Reputation: 2362
I have the following code:
def when_to_change
year, month = Date.today.strftime("%Y %m").split(' ').map {|v| v.to_i}
if month < 9
year + 2
else
year + 3
end
end
And I try to stub it in my spec in the following way:
it 'when current month at the of a year' do
allow(Date.today).to receive(:strftime).with('%Y %m').and_return('2015 10')
expect(@car.when_to_change).to eq(2018)
end
it 'when current month earlier than september' do
allow(Date.today).to receive(:strftime).with('%Y %m').and_return('2015 07')
expect(@car.when_to_change).to eq(2017)
end
When I try to run specs it doesn't look that way. What am I doing wrong?
I use rspec v3.3.2
ANSWER
Since Date.today
returns new object every method call, this can be done in the following way:
it 'when current month earlier than september' do
allow(Date).to receive(:today).and_return(Date.new(2015, 7, 19))

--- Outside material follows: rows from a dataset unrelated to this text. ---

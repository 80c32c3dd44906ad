-- ===== src/Learning/Extract/Counted.antt =====
-- The map of `ExtractSpans`: an observation for each key that a round had, with as many hits.
use enzo.Prelude.{
  same_bytes, same_bytes_self, same_bytes→≡, ℕ, ◌+◌, ◌%◌, ◌^◌, ◌<◌, ◌≡◌, refl, false, Bool,
  Bool-cases, inl, inr, Option, none, some, List, [], ◌∷◌, ◌&&◌, arith, Bytes, if◌then◌else◌,
}
use enzo.State.Agreement.{SpanObservation}
use enzo.Learning.Extract.{
  Round, new_observation, hit_again, has_key, observe_round, observe_rounds,
}

abbrev pub find : Bytes → Bytes → List SpanObservation → Option SpanObservation
find a z [] = none
find a z (o ∷ obs) = if has_key a z o then some o else find a z obs

-- The observation of a key that `n` rounds had.
abbrev pub Counted : ℕ → Option SpanObservation → Type 0
Counted n none = n ≡ 0
Counted n (some o) = (0 < n) × (o.intra_hits ≡ n % 2 ^ 16)

abbrev pub is_round : Bytes → Bytes → Round → Bool
is_round a z r = same_bytes a r.const_a && same_bytes z r.const_b

abbrev pub times : Bytes → Bytes → List Round → ℕ
times a z [] = 0
times a z (r ∷ rs) = (if is_round a z r then 1 else 0) + times a z rs

abbrev or_new : ℕ → Round → Option SpanObservation → SpanObservation
or_new offset r none = new_observation offset r
or_new offset r (some o) = o

find-observe_own :
    (offset : ℕ) (r : Round) (obs : List SpanObservation)
    → find r.const_a r.const_b (observe_round offset r obs)
      ≡ some (hit_again offset r (or_new offset r (find r.const_a r.const_b obs)))
unfolding observe_round
find-observe_own offset r [] = ground (arith, same_bytes_self r.const_a, same_bytes_self r.const_b)
find-observe_own offset r (o ∷ obs) = elim (Bool-cases (has_key r.const_a r.const_b o)) [
  | inl at ↦ rw (observe_round, at) (rw at refl)
  | inr not_at ↦ rw (observe_round, not_at) (rw not_at (find-observe_own offset r obs))
]

-- A round of another key.
find-observe_other :
    (a z : Bytes) (offset : ℕ) (r : Round) (obs : List SpanObservation)
    → is_round a z r ≡ false
    → find a z (observe_round offset r obs) ≡ find a z obs
unfolding observe_round
find-observe_other a z offset r [] h = rw h refl
find-observe_other a z offset r (o ∷ obs) h = elim (Bool-cases (has_key r.const_a r.const_b o)) [
  | inl at ↦
      let same_a : r.const_a ≡ o.const_a = same_bytes→≡ r.const_a o.const_a (ground (arith, at)) in
      let same_z : r.const_b ≡ o.const_b = same_bytes→≡ r.const_b o.const_b (ground (arith, at)) in
      let other : has_key a z o ≡ false = rw (← same_a, ← same_z) h in
      rw (observe_round, at) (rw other refl)
  | inr not_at ↦
      let rest = find-observe_other a z offset r obs h in
      elim (Bool-cases (has_key a z o)) [
        | inl here ↦ rw (observe_round, not_at) (rw here refl)
        | inr not_here ↦ rw (observe_round, not_at) (rw not_here rest)
      ]
]

hit_again-Counted :
    (n offset : ℕ) (r : Round) (o : Option SpanObservation)
    → Counted n o
    → Counted (n + 1) (some (hit_again offset r (or_new offset r o)))
hit_again-Counted n offset r none h = (omega arith, omega (arith, h))
hit_again-Counted n offset r (some o) h = (omega arith, omega (arith, h.1))

observe_round-Counted :
    (a z : Bytes) (offset n : ℕ) (r : Round) (obs : List SpanObservation)
    → Counted n (find a z obs)
    → Counted (n + (if is_round a z r then 1 else 0)) (find a z (observe_round offset r obs))
observe_round-Counted a z offset n r obs h = elim (Bool-cases (is_round a z r)) [
  | inl at ↦
      let same_a : a ≡ r.const_a = same_bytes→≡ a r.const_a (ground (arith, at)) in
      let same_z : z ≡ r.const_b = same_bytes→≡ z r.const_b (ground (arith, at)) in
      let own : find a z (observe_round offset r obs)
          ≡ some (hit_again offset r (or_new offset r (find a z obs))) =
        rw (same_a, same_z) (find-observe_own offset r obs) in
      rw (at, own) (hit_again-Counted n offset r (find a z obs) h)
  | inr not_at ↦
      let e : n + 0 ≡ n = omega arith in
      rw (not_at, e, find-observe_other a z offset r obs not_at) h
]

pub observe_rounds-Counted :
    (a z : Bytes) (offset n : ℕ) (rs : List Round) (obs : List SpanObservation)
    → Counted n (find a z obs)
    → Counted (n + times a z rs) (find a z (observe_rounds offset rs obs))
unfolding observe_rounds
observe_rounds-Counted a z offset n [] obs h = let e : n + 0 ≡ n = omega arith in rw e h
observe_rounds-Counted a z offset n (r ∷ rs) obs h =
    let d : ℕ = if is_round a z r then 1 else 0 in
    let e : n + (d + times a z rs) ≡ (n + d) + times a z rs = omega arith in
    rw e (
      observe_rounds-Counted a z offset (n + d) rs (observe_round offset r obs)
        (observe_round-Counted a z offset n r obs h))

expect(@car.when_to_change).to eq(2017)
end
thank you to @DmitrySokurenko for explanation.
Upvotes: 0
Views: 1677
Reputation: 2493
You don't need Timecop to do that. Rails already has a similar thing built-in:
http://api.rubyonrails.org/classes/ActiveSupport/Testing/TimeHelpers.html
# spec/rails_helper.rb
config.include ActiveSupport::Testing::TimeHelpers
And then:
travel_to(Date.parse('2015-10-01')) do
expect(@car.when_to_change).to eq(2018)
end
Upvotes: 1
Reputation: 6132
Date.today
always return new objects. Stub the today
at first.
I mean that:
>> Date.today.object_id
=> 70175652485620
>> Date.today.object_id
=> 70175652610440
So when you call the today
next time, that's a different object.
Thus either stub the Date.today
to return some fixed date, either change your code to use something like SomeHelper.today
which will always return the same date in test environment.